Phase II trial of perillyl alcohol in patients with metastatic colorectal cancer

Purpose. This is a phase 11 study of perillyl alcohol in the treatment of patients with metastatic colorectal carcinoma. The primary endpoint is time to progression. Secondary objectives are to evaluate objective response rate and toxicity. Patients and Methods. Eligible patients had metastatic adenocarcinoma of the colon or rectum. Patients received perillyl alcohol orally at a dose of 1200 mg/m(2). Dose escalation to 1,600mg/m(2) was allowed. Results. Twenty-seven patients were enrolled. The median time to progression was 1.8 months (range I to 3 mo). Four patients received less than one cycle and were not evaluable for response. Of the remaining 23, all had progressive disease. There were no complete or partial responses. Toxicity was relatively mild, with fatigue, nausea and anemia predominating.

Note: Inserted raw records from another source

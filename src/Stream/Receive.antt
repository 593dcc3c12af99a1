-- ===== src/Stream/Receive.antt =====
-- StreamControl::postRecvFile: the bookkeeping of sequence numbers and the retransmission request.
-- A failed `assert`, a deque index out of range and a write past the request buffer are `none`.
-- `recv_num` is an `int` and counts blocks; the theorems keep it below 2 ^ 31.
pub mod Covers
pub mod Cases
pub mod Tracks
pub mod Step
pub mod Round
pub mod SendLoop
pub mod Request
pub mod Report
pub mod Phase
pub mod Session
pub mod Loop
pub mod Delivery
pub mod LostTail
mod Tests
use file_transfer_cmd.Prelude.{
  Bool, List, Option, [], false, get_elem?, if◌then◌else◌, length, ltb, none, set, some, suc, true,
  zero, ℕ, ◌%◌, ◌++◌, ◌+◌, ◌-◌, ◌/◌, ◌==◌, ◌^◌, ◌∷◌,
}
use file_transfer_cmd.Prelude.Int.{beq_ℤ, ltb_ℤ, negsuc, pos, suc_ℤ, ℤ}
use file_transfer_cmd.Prelude.Words.{add32, sub32}

-- `struct recv_item`
pub record RecvItem : Type 0 where
  pub seq : ℕ
  pub recved : Bool

-- The loop's variables. `restran_space` is the request buffer in 32-bit words, `[]` for nullptr,
-- and `restran_size` counts words too.
pub record Receiver : Type 0 where
  pub recv_num : ℕ
  pub expect_seq : ℕ
  pub recv_max_seq : ℤ
  pub unrecv : List RecvItem
  pub start_restran : Bool
  pub first_restran : Bool
  pub restran_space : List ℕ
  pub restran_size : ℕ

abbrev pub init : Receiver
init = record {
  recv_num = 0;
  expect_seq = 0;
  recv_max_seq = negsuc 0;
  unrecv = [];
  start_restran = false;
  first_restran = true;
  restran_space = [];
  restran_size = 1;
}

-- `numOfBlocks`, a uint32_t
unfoldable pub num_of_blocks : ℕ → ℕ → ℕ
num_of_blocks file_size block_size =
    (file_size / block_size + (if file_size % block_size == 0 then 0 else 1)) % 2 ^ 32

-- `recv_num ++`
abbrev pub count : Receiver → Receiver
count r = record r { recv_num = r.recv_num + 1 }

-- The pops from the front while it is received, each with its `expect_seq ++`.
unfoldable pub drain : List RecvItem → ℕ → List RecvItem × ℕ
drain [] e = ([], e)
drain (x ∷ xs) e = elim x.recved [ true ↦ drain xs (add32 e 1) | false ↦ (x ∷ xs, e) ]

-- The expected number, at or below `recv_max_seq`: the asserts, the mark and the pops.
unfoldable pub fill : ℕ → Receiver → List RecvItem → Option Receiver
fill id r [] = none
fill id r (x ∷ xs) =
    if beq_ℤ (pos r.expect_seq) r.recv_max_seq
    then none
    else if x.seq == id
    then (let (q, e) = drain (record x { recved = true } ∷ xs) r.expect_seq in
        some (count (record r { unrecv = q; expect_seq = e })))
    else none

-- A number between `expect_seq` and `recv_max_seq`: marked in place, once.
unfoldable pub mark_late : ℕ → Receiver → Option Receiver
mark_late id r = elim (get_elem? r.unrecv (sub32 id r.expect_seq)) [
  | none ↦ none
  | some x ↦
      if x.recved
      then some r
      else some (
          count (record r {
            unrecv = set r.unrecv (sub32 id r.expect_seq) (record x { recved = true });
          }))
]

-- `n` unreceived entries from `i` on: the two loops that append `(i, false)`.
unfoldable pub missing_from : ℕ → ℕ → List RecvItem
missing_from i zero = []
missing_from i (suc n) = record { seq = i; recved = false } ∷ missing_from (i + 1) n

-- A number above `recv_max_seq`: the numbers skipped are entered as missing.
unfoldable pub skip_ahead : ℕ → Receiver → Receiver
skip_ahead id r = count (record r {
  unrecv =
      r.unrecv
      ++ missing_from (suc_ℤ r.recv_max_seq) (id - suc_ℤ r.recv_max_seq)
      ++ record { seq = id; recved = true } ∷ [];
  recv_max_seq = pos id;
})

-- One completion, by the number that its block carries.
unfoldable pub receive : ℕ → Receiver → Option Receiver
receive id r =
    if ltb id r.expect_seq
    then some r
    else if id == r.expect_seq
    then (if ltb_ℤ r.recv_max_seq (pos r.expect_seq)
        then some (count (record r { expect_seq = add32 r.expect_seq 1; recv_max_seq = pos id }))
        else fill id r r.unrecv)
    else if ltb_ℤ (pos id) r.recv_max_seq
    then mark_late id r
    else if ltb_ℤ r.recv_max_seq (pos id)
    then some (skip_ahead id r)
    else some r

-- The completions of one poll, in order.
unfoldable pub receive_all : List ℕ → Receiver → Option Receiver
receive_all [] r = some r
receive_all (id ∷ ids) r = elim (receive id r) [ none ↦ none | some r' ↦ receive_all ids r' ]

-- `memcpy` of one word to `restran_space + loc`, with `loc` in words.
unfoldable pub store : List ℕ → ℕ → ℕ → Option (List ℕ)
store space loc v = if ltb loc (length space) then some (set space loc v) else none

-- The loop that copies the unreceived numbers; it stops when `loc` equals `restran_size`.
unfoldable pub copy_missing : List RecvItem → ℕ → ℕ → List ℕ → Option (List ℕ)
copy_missing [] loc size space = some space
copy_missing (x ∷ xs) loc size space = elim x.recved [
  | true ↦ if loc == size then some space else copy_missing xs loc size space
  | false ↦ elim (store space loc x.seq) [
    | none ↦ none
    | some space' ↦ if loc + 1 == size then some space' else copy_missing xs (loc + 1) size space'
  ]
]
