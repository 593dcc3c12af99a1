-- ===== src/Stream/Receive/Covers.antt =====
-- What the deque of `recv_item`s says of a set of block numbers, and how the loops keep it.
use file_transfer_cmd.Prelude.{
  ℕ, zero, suc, ◌+◌, ◌%◌, ◌^◌, ◌≤◌, ◌<◌, ◌≡◌, refl, sym, ◌∙◌, Bool, true, false, List, [], ◌∷◌,
  ◌++◌, some, arith, ◌==◌, if◌then◌else◌, get_elem?, set, length, Bool-cases, inl, inr, ap, subst,
}
use file_transfer_cmd.Stream.Receive.{RecvItem, drain, missing_from}

-- A set of block numbers, with one more.
abbrev pub insert : ℕ → (ℕ → Bool) → ℕ → Bool
insert id got j = if j == id then true else got j

-- How many numbers below `n` are in the set.
abbrev pub count_below : (ℕ → Bool) → ℕ → ℕ
count_below got zero = 0
count_below got (suc n) = count_below got n + (if got n then 1 else 0)

-- The entries stand for consecutive numbers from `e` on, each marked as the set has it.
abbrev pub Covers : (ℕ → Bool) → ℕ → List RecvItem → Type 0
Covers got e [] = Unit {0}
Covers got e (x ∷ xs) = (x.seq ≡ e) × (x.recved ≡ got e) × Covers got (suc e) xs

pub Covers-congr :
    (got have : ℕ → Bool) (e : ℕ) (q : List RecvItem)
    → ((j : ℕ) → e ≤ j → j < e + length q → got j ≡ have j)
    → Covers got e q
    → Covers have e q
Covers-congr got have e [] same c = tt
Covers-congr got have e (x ∷ xs) same (s, m, c) = (
  s,
  m ∙ same e (omega arith) (omega arith),
  Covers-congr got have (suc e) xs (λ j h k. same j (omega arith) (omega arith)) c,
)

pub Covers-append :
    (got : ℕ → Bool) (e : ℕ) (p q : List RecvItem)
    → Covers got e p
    → Covers got (e + length p) q
    → Covers got e (p ++ q)
Covers-append got e [] q c d = let z : e + 0 ≡ e = omega arith in subst (λ k. Covers got k q) z d
Covers-append got e (x ∷ xs) q (s, m, c) d =
    let z : e + suc (length xs) ≡ suc e + length xs = omega arith in
    (s, m, Covers-append got (suc e) xs q c (subst (λ k. Covers got k q) z d))

pub length-missing_from : (i n : ℕ) → length (missing_from i n) ≡ n
unfolding missing_from
length-missing_from i zero = refl
length-missing_from i (suc n) = ap suc (length-missing_from (i + 1) n)

pub missing_from-Covers :
    (got : ℕ → Bool) (e i n : ℕ)
    → e ≡ i
    → ((j : ℕ) → e ≤ j → j < e + n → got j ≡ false)
    → Covers got e (missing_from i n)
unfolding missing_from
missing_from-Covers got e i zero h out = tt
missing_from-Covers got e i (suc n) h out = (
  sym h,
  sym (out e (omega arith) (omega arith)),
  missing_from-Covers got (suc e) (i + 1) n (omega arith)
      (λ j a b. out j (omega arith) (omega arith)),
)

-- Reading the deque at an index gives the number and the mark of that place.
pub Covers-get :
    (got : ℕ → Bool) (e k : ℕ) (q : List RecvItem) (x : RecvItem)
    → Covers got e q
    → get_elem? q k ≡ some x
    → (x.seq ≡ e + k) × (x.recved ≡ got (e + k))
Covers-get got e k [] x c h = cc
Covers-get got e zero (y ∷ ys) x (s, m, c) h =
    let z : e + 0 ≡ e = omega arith in rw z (ground (arith, h, s, m))
Covers-get got e (suc k) (y ∷ ys) x (s, m, c) h =
    let z : e + suc k ≡ suc e + k = omega arith in rw z (Covers-get got (suc e) k ys x c h)

pub get-total :
    (q : List RecvItem) (k : ℕ) → k < length q → (x : RecvItem) × (get_elem? q k ≡ some x)
get-total [] k h = absurd (omega arith)
get-total (x ∷ xs) zero h = (x, refl)
get-total (x ∷ xs) (suc k) h = get-total xs k (omega arith)

-- Marking one place adds that number to the set.
pub Covers-set :
    (got : ℕ → Bool) (e k : ℕ) (q : List RecvItem) (x : RecvItem)
    → Covers got e q
    → get_elem? q k ≡ some x
    → Covers (insert (e + k) got) e (set q k (record x { recved = true }))
Covers-set got e k [] x c h = tt
Covers-set got e zero (y ∷ ys) x (s, m, c) h = (
  (Covers-get got e zero (y ∷ ys) x (s, m, c) h).0 ∙ omega arith,
  ground arith,
  Covers-congr got (insert (e + 0) got) (suc e) ys (λ j a b. ground arith) c,
)
Covers-set got e (suc k) (y ∷ ys) x (s, m, c) h =
    let z : e + suc k ≡ suc e + k = omega arith in
    (
      s,
      m ∙ ground arith,
      subst (λ i. Covers (insert i got) (suc e) (set ys k (record x { recved = true }))) (sym z)
          (Covers-set got (suc e) k ys x c h),
    )

-- What the pops leave: the received numbers are gone from the front, and the next one is missing.
pub record Drained (got : ℕ → Bool) (e : ℕ) (q : List RecvItem) (out : List RecvItem × ℕ)
    : Type 0 where
  pub rest : Covers got out.1 out.0
  pub reach : out.1 + length out.0 ≡ e + length q
  pub later : e ≤ out.1
  pub passed : (j : ℕ) → e ≤ j → j < out.1 → got j ≡ true
  pub next_missing : out.1 < e + length q → got out.1 ≡ false

drain-recved :
    (x : RecvItem) (xs : List RecvItem) (e : ℕ)
    → suc e < 2 ^ 32
    → x.recved ≡ true
    → drain (x ∷ xs) e ≡ drain xs (suc e)
unfolding drain
drain-recved x xs e h old =
    let z : (e + 1) % 2 ^ 32 ≡ suc e = omega arith in rw (old, drain) (ap (drain xs) z)

drain-unrecved :
    (x : RecvItem) (xs : List RecvItem) (e : ℕ) → x.recved ≡ false → drain (x ∷ xs) e ≡ (x ∷ xs, e)
unfolding drain
drain-unrecved x xs e new = ground arith

Drained-cons :
    (got : ℕ → Bool) (e : ℕ) (x : RecvItem) (xs : List RecvItem) {out : List RecvItem × ℕ}
    → got e ≡ true
    → Drained got (suc e) xs out
    → Drained got e (x ∷ xs) out
Drained-cons got e x xs here d = record {
  rest = d.rest;
  reach = omega (arith, d.reach);
  later = omega (arith, d.later);
  passed = λ j a b. ground (arith, d.passed j, here, ap got {x = j} {y = e});
  next_missing = λ b. d.next_missing (omega arith);
}

pub drain-Drained :
    (got : ℕ → Bool) (e : ℕ) (q : List RecvItem)
    → e + length q < 2 ^ 32
    → Covers got e q
    → Drained got e q (drain q e)
unfolding drain
drain-Drained got e [] h c = record {
  rest = tt;
  reach = refl;
  later = omega arith;
  passed = λ j a b. absurd (omega arith);
  next_missing = λ b. absurd (omega arith);
}
drain-Drained got e (x ∷ xs) h (z, m, c) = elim (Bool-cases x.recved) [
  | inl old ↦
      subst (Drained got e (x ∷ xs)) (sym (drain-recved x xs e (omega arith) old))
        (Drained-cons got e x xs (sym m ∙ old) (drain-Drained got (suc e) xs (omega arith) c))
  | inr new ↦ subst (Drained got e (x ∷ xs)) (sym (drain-unrecved x xs e new)) (record {
    rest = (z, m, c);
    reach = refl;
    later = omega arith;
    passed = λ j a b. absurd (omega arith);
    next_missing = λ b. sym m ∙ new;
  })
]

Three patients withdrew from therapy for toxicity (grade 3 belching, bloating; grade 2 nausea, fatigue, vomiting, anorexia and increase perspiration; grade I anorexia). Discussion. Despite preclinical evidence of anticancer activity, oral perillyl alcohol administered at this dose and formulation does not appear to have clinical antitumor activity when used for patients with advanced colorectal carcinoma.